TASK REQUIREMENTS: In the records below, which lines include "deliver"? Copy them.

Data entries:
....................

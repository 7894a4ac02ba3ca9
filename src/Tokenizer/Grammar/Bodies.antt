-- ===== src/Tokenizer/Grammar/Bodies.antt =====
-- Inside a string, of a key or of a value.
use oaverify.Common.{
  ℕ, ◌+◌, ◌≡◌, refl, sym, ap, ◌∙◌, subst, Bool, false, List, [], ◌∷◌, ◌++◌, append_assoc, Text,
  Bool-cases, Option-cases, inl, inr, leb, length,
}
use oaverify.Tokenizer.Strings.{
  emit_string_text, decode_run, hold_utf8_tail, take_run, flush, flush_held_partial, points_of,
  count_code_points,
}
use oaverify.Tokenizer.Tells.{tell-Yields_done}
use oaverify.Tokenizer.Outcomes.{Yields, Yields-if, Yields->>=}
use oaverify.Tokenizer.Grammar.{and_slice, deliver}
use oaverify.Tokenizer.Grammar.Said.{Body, InText, Heard-next, Unseen}
use oaverify.Tokenizer.{
  Handler, Event, on_string_start, on_string_chunk, Context, State, TextDecoder, Tokenizer,
}

module _ {D : TextDecoder} {H : Type 0} where
  -- Decoding touches none of these.
  abbrev pub said_of : Tokenizer D H → H × State × List Context × Bool × Bool × Bool
  said_of s = (s.handler, s.state, s.stack, s.string_is_key, s.saw_root_value, s.ended)

  decode_run-said :
      (s : Tokenizer D H) (run : List ℕ) (at_end : Bool)
      → Yields (λ p. said_of p.1 ≡ said_of s) (decode_run s run at_end)
  unfolding decode_run hold_utf8_tail
  decode_run-said s run at_end = elim (Option-cases (D.decode s.strict_utf8 s.decoder run at_end)) [
    | inl e ↦ rw (e, Yields) tt
    | inr ((text, held), e) ↦
        rw (e, Yields)
          (elim (Bool-cases s.strict_utf8) [
            | inl k ↦ rw k (elim (Bool-cases at_end) [ inl l ↦ rw l refl | inr l ↦ rw l refl ])
            | inr k ↦ rw k refl
          ])
  ]

  flush-said : (s : Tokenizer D H) → Yields (λ p. said_of p.1 ≡ said_of s) (flush s)
  unfolding flush
  flush-said s = elim (Option-cases (D.decode s.strict_utf8 s.decoder [] false)) [
    | inl e ↦ rw (e, Yields) tt
    | inr ((text, held), e) ↦ rw (e, Yields) refl
  ]

module _ {H : Type 0} (on : H → Event → H) (h₀ : H) where
  abbrev BodyOf : H × State × List Context × Bool × Bool × Bool → Type 0
  BodyOf (handler, state, stack, is_key, saw, ended) =
      (es : List Event) × (handler ≡ deliver on h₀ es) × Body is_key stack es × Unseen saw ended

module _ {D : TextDecoder} {H : Type 0} (on : Handler H) (h₀ : H) where
  -- Inside a string, in the state given.
  abbrev pub InBody : State → Tokenizer D H → Type 0
  InBody state s = BodyOf on.hears h₀ (said_of s) × (s.state ≡ state)

  InBody-same :
      (state : State) (s s' : Tokenizer D H)
      → said_of s' ≡ said_of s
      → InBody state s
      → InBody state s'
  InBody-same state s s' e (body, here) =
      (subst (BodyOf on.hears h₀) (sym e) body, ap (λ p. p.1) e ∙ here)

  pub emit-InBody :
      (state : State) (s : Tokenizer D H) (text : Text) (offset end : ℕ)
      → InBody state s
      → Yields (InBody state) (emit_string_text on s text offset end)
  unfolding emit_string_text
  emit-InBody state s text offset end ((es, heard, body, unseen), here) =
      let chunk = on_string_chunk text offset s.str_code_points end in
      Yields-if (InBody state) s.string_is_key _ _ (λ e. ((es, heard, body, unseen), here))
        (λ e. tell-Yields_done on s chunk (InBody state) (λ byte all span commas.
          let (gs, fs, t, o, w, slices, split) : InText s.stack es = rw e at body in
          (
            (
              es ++ chunk ∷ [],
              Heard-next on.hears h₀ s.handler es chunk heard,
              rw e (
                gs,
                fs ++ chunk ∷ [],
                t ++ text,
                o,
                w,
                and_slice text offset s.str_code_points end slices,
                ap (λ xs. xs ++ chunk ∷ []) split
                    ∙ append_assoc gs (on_string_start o ∷ fs) (chunk ∷ []),
              ),
              unseen,
            ),
            here,
          )))

  pub take_run-InBody :
      (state : State) (s : Tokenizer D H) (run : List ℕ) (at_end : Bool)
      → InBody state s
      → Yields (InBody state) (take_run on s run at_end)
  unfolding take_run
  take_run-InBody state s run at_end body =
      Yields->>= (λ p. said_of p.1 ≡ said_of s) (InBody state)
        (decode_run (record s { pending_high_surrogate = false }) run at_end) _
        (decode_run-said (record s { pending_high_surrogate = false }) run at_end)
        (λ (text, s') same.
          let counted = record s' { str_code_points = s'.str_code_points + points_of run text } in
          let within_body : InBody state counted = InBody-same state s counted same body in
          elim (Bool-cases (leb (length text) 0)) [
            | inl e ↦ rw e within_body
            | inr e ↦ rw e (emit-InBody state counted text _ _ within_body)
          ])

  pub flush_held_partial-InBody :
      (state : State) (s : Tokenizer D H) (offset : ℕ)
      → InBody state s
      → Yields (InBody state) (flush_held_partial on s offset)
  unfolding flush_held_partial
  flush_held_partial-InBody state s offset body =
      Yields->>= (λ p. said_of p.1 ≡ said_of s) (InBody state) (flush s) _ (flush-said s)
        (λ (text, s') same.
          let counted = record s' {
            str_code_points = s'.str_code_points + count_code_points text;
            pending_high_surrogate = false;
          } in
          let within_body : InBody state s' = InBody-same state s s' same body in
          elim (Bool-cases (leb (length text) 0)) [
            | inl e ↦ rw e within_body
            | inr e ↦ rw e (emit-InBody state counted text offset offset within_body)
          ])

....................

THE COMPLETED TASK:
use oaverify.Tokenizer.Grammar.{and_slice, deliver}
      (es : List Event) × (handler ≡ deliver on h₀ es) × Body is_key stack es × Unseen saw ended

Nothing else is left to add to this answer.